From the listing below, copy only the lines from the line that contains "count_split all weight" to the line that contains "select_share test sets", counting those two lines as part of the copy.

___ SUPPLIED ENTRIES

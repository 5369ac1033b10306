-- ===== src/Rule/Choice/Weights.antt =====
-- The weights by which polaris/plugin/service_router/rule_router.cpp chooses among sets.
use polaris_cpp.Base.{
  ℕ, ◌+◌, ◌%◌, ◌^◌, ◌≤◌, ◌<◌, Bool, false, Option, none, some, List, [], ◌∷◌, ◌++◌, if◌then◌else◌,
  ltb, leb, ◌≡◌, refl, ap, ◌∙◌, arith, inl, inr, Bool-cases, nat_key, ℕ_discrete, lookup, put,
  add32, All, All-append,
}
use native.Mathlib.Nat.{mod-eq_of_lt}
use mathlib.Core.List.{append-nil, append_assoc}
use polaris_cpp.LoadBalancer.Counting.{count_from, count_split, count_same, count_constant}
use polaris_cpp.Rule.Destination.{RuleRouterSet}
use polaris_cpp.Rule.Choice.{
  InstancesSet, instances_set, insert_new, weight_in, weigh_loop, first_above, select_set,
}

-- A key above all that stand in a map goes to its end.
insert_last :
    (k : ℕ) (v : InstancesSet) (m : List (ℕ × InstancesSet))
    → All (λ e. e.0 < k) m
    → (lookup k m ≡ none) × (put ltb k v m ≡ m ++ (k, v) ∷ [])
unfolding lookup put ℕ_discrete
insert_last k v [] a = (refl, refl)
insert_last k v ((j, w) ∷ m) (h, a) =
    let r = insert_last k v m a in (ground (arith, r.0, h), ground (arith, r.1, h))

insert_new-append :
    (k : ℕ) (v : InstancesSet) (m : List (ℕ × InstancesSet))
    → All (λ e. e.0 < k) m
    → insert_new k v m ≡ m ++ (k, v) ∷ []
unfolding insert_new
insert_new-append k v m a = let r = insert_last k v m a in rw (insert_new, r.0) r.1

All-mono :
    (a b : ℕ) (m : List (ℕ × InstancesSet)) → a ≤ b → All (λ e. e.0 ≤ a) m → All (λ e. e.0 ≤ b) m
All-mono a b [] le h = tt
All-mono a b (e ∷ m) le (x, h) = (omega (arith, x, le), All-mono a b m le h)

All-below :
    (a b : ℕ) (m : List (ℕ × InstancesSet)) → a < b → All (λ e. e.0 ≤ a) m → All (λ e. e.0 < b) m
All-below a b [] lt h = tt
All-below a b (e ∷ m) lt (x, h) = (omega (arith, x, lt), All-below a b m lt h)

module _ (sum_weight : ℕ) where
  -- The sum of the sets' weights.
  abbrev pub total : List RuleRouterSet → ℕ
  total [] = 0
  total (set ∷ sets) = weight_in sum_weight set + total sets

  -- The sets with a weight, each with the sum of the weights up to it.
  abbrev pub cumulative : ℕ → List RuleRouterSet → List (ℕ × InstancesSet)
  cumulative weight [] = []
  cumulative weight (set ∷ sets) =
      let w = weight_in sum_weight set in
      if leb w 0
      then cumulative weight sets
      else (weight + w, instances_set set) ∷ cumulative (weight + w) sets

  pub weigh_loop_is :
      (sets : List RuleRouterSet) (weight : ℕ) (subsets : List (ℕ × InstancesSet))
      → weight + total sets < 2 ^ 32
      → All (λ e. e.0 ≤ weight) subsets
      → weigh_loop sum_weight sets weight subsets
        ≡ (weight + total sets, subsets ++ cumulative weight sets)
  unfolding weigh_loop
  weigh_loop_is [] weight subsets fits a =
      let z : weight ≡ weight + 0 = omega arith in
      rw (append-nil subsets) (ap (λ n. (n, subsets)) z)
  weigh_loop_is (set ∷ sets) weight subsets fits a =
      let w = weight_in sum_weight set in
      elim (Bool-cases (leb w 0)) [
        | inl e ↦
            let z : weight + total sets ≡ weight + (w + total sets) = ground (arith, e) in
            rw (weigh_loop, e)
              (weigh_loop_is sets weight subsets (omega (arith, fits, z)) a
                ∙ ap (λ n. (n, subsets ++ cumulative weight sets)) z)
        | inr e ↦
            let pos : 0 < w = ground (arith, e) in
            let m : add32 weight w ≡ weight + w = mod-eq_of_lt (omega (arith, fits)) in
            let v = instances_set set in
            let i : insert_new (weight + w) v subsets ≡ subsets ++ (weight + w, v) ∷ [] =
              insert_new-append (weight + w) v subsets
                (All-below weight (weight + w) subsets (omega (arith, pos)) a) in
            let all =
              All-append (λ e. e.0 ≤ weight + w) subsets ((weight + w, v) ∷ [])
                (All-mono weight (weight + w) subsets (omega arith) a) (omega arith, tt) in
            let x : ℕ × InstancesSet = (weight + w, v) in
            let n : weight + w + total sets ≡ weight + (w + total sets) = omega arith in
            rw (weigh_loop, e)
              (ap (λ k. weigh_loop sum_weight sets k (insert_new k v subsets)) m
                ∙ ap (λ q. weigh_loop sum_weight sets (weight + w) q) i
                ∙ weigh_loop_is sets (weight + w) (subsets ++ x ∷ []) (omega (arith, fits, n)) all
                ∙ ap (λ k. (k, (subsets ++ x ∷ []) ++ cumulative (weight + w) sets)) n
                ∙ ap (λ q. (weight + (w + total sets), q))
                    (append_assoc subsets (x ∷ []) (cumulative (weight + w) sets)))
      ]

  -- The weight of the sets that pass a test.
  abbrev pub share : (InstancesSet → Bool) → List RuleRouterSet → ℕ
  share test [] = 0
  share test (set ∷ sets) =
      (if test (instances_set set) then weight_in sum_weight set else 0) + share test sets

  -- A choice passes a test where there is one.
  abbrev pub passes : (InstancesSet → Bool) → Option InstancesSet → Bool
  passes test none = false
  passes test (some s) = test s

  share_count :
      (test : InstancesSet → Bool) (weight : ℕ) (sets : List RuleRouterSet)
      → count_from (λ r. passes test (first_above (cumulative weight sets) r)) weight (total sets)
        ≡ share test sets
  unfolding first_above
  share_count test weight [] = refl
  share_count test weight (set ∷ sets) =
      let w = weight_in sum_weight set in
      elim (Bool-cases (leb w 0)) [
        | inl e ↦
            let now : ℕ → Bool = λ r. passes test (first_above (cumulative weight sets) r) in
            let n : w + total sets ≡ total sets = ground (arith, e) in
            let none_here : (if test (instances_set set) then w else 0) ≡ 0 = ground (arith, e) in
            rw e (
              ap (λ k. count_from now weight k) n
              ∙ share_count test weight sets
              ∙ omega (arith, none_here))
        | inr e ↦
            let all : ℕ → Bool = λ r.
              passes test
                (first_above ((weight + w, instances_set set) ∷ cumulative (weight + w) sets) r) in
            let rest : ℕ → Bool = λ r. passes test (first_above (cumulative (weight + w) sets) r) in
            let here : count_from all weight w ≡ (if test (instances_set set) then w else 0) =
              count_constant all (test (instances_set set)) weight w
                (λ r lo hi. ground (arith, hi)) in
            let there : count_from all (weight + w) (total sets)
                ≡ count_from rest (weight + w) (total sets) =
              count_same all rest (weight + w) (total sets) (λ r lo hi. ground (arith, lo)) in
            rw e (
              count_split all weight w (total sets)
              ∙ omega (arith, here, there, share_count test (weight + w) sets))
      ]

  -- As long as the weights add up to less than 2 ^ 32, of the random values below their sum exactly
  -- as many choose a set that passes a test, whatever the test, as such sets have weight together,
  -- where every set has weight 100 if none has any.
  pub select_share :
      (test : InstancesSet → Bool) (sets : List RuleRouterSet)
      → total sets < 2 ^ 32
      → count_from
          (λ r.
            passes test (
              select_set (weigh_loop sum_weight sets 0 []).1 (weigh_loop sum_weight sets 0 []).0 r))
          0
          (weigh_loop sum_weight sets 0 []).0
        ≡ share test sets
  unfolding select_set
  select_share test sets fits =
      let z : 0 + total sets ≡ total sets = omega arith in
      let is : weigh_loop sum_weight sets 0 [] ≡ (total sets, cumulative 0 sets) =
        weigh_loop_is sets 0 [] (omega (arith, fits)) tt ∙ ap (λ n. (n, cumulative 0 sets)) z in
      rw is (
        count_same (λ r. passes test (first_above (cumulative 0 sets) (r % total sets)))
          (λ r. passes test (first_above (cumulative 0 sets) r)) 0 (total sets)
          (λ r lo hi.
            ap (λ k. passes test (first_above (cumulative 0 sets) k))
              (mod-eq_of_lt (omega (arith, hi))))
        ∙ share_count test 0 sets)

______

TASK RESPONSE:
              count_split all weight w (total sets)
              ∙ omega (arith, here, there, share_count test (weight + w) sets))
      ]

  -- As long as the weights add up to less than 2 ^ 32, of the random values below their sum exactly
  -- as many choose a set that passes a test, whatever the test, as such sets have weight together,
  -- where every set has weight 100 if none has any.
  pub select_share :
      (test : InstancesSet → Bool) (sets : List RuleRouterSet)
      → total sets < 2 ^ 32
      → count_from
          (λ r.
            passes test (
              select_set (weigh_loop sum_weight sets 0 []).1 (weigh_loop sum_weight sets 0 []).0 r))
          0
          (weigh_loop sum_weight sets 0 []).0
        ≡ share test sets
  unfolding select_set
  select_share test sets fits =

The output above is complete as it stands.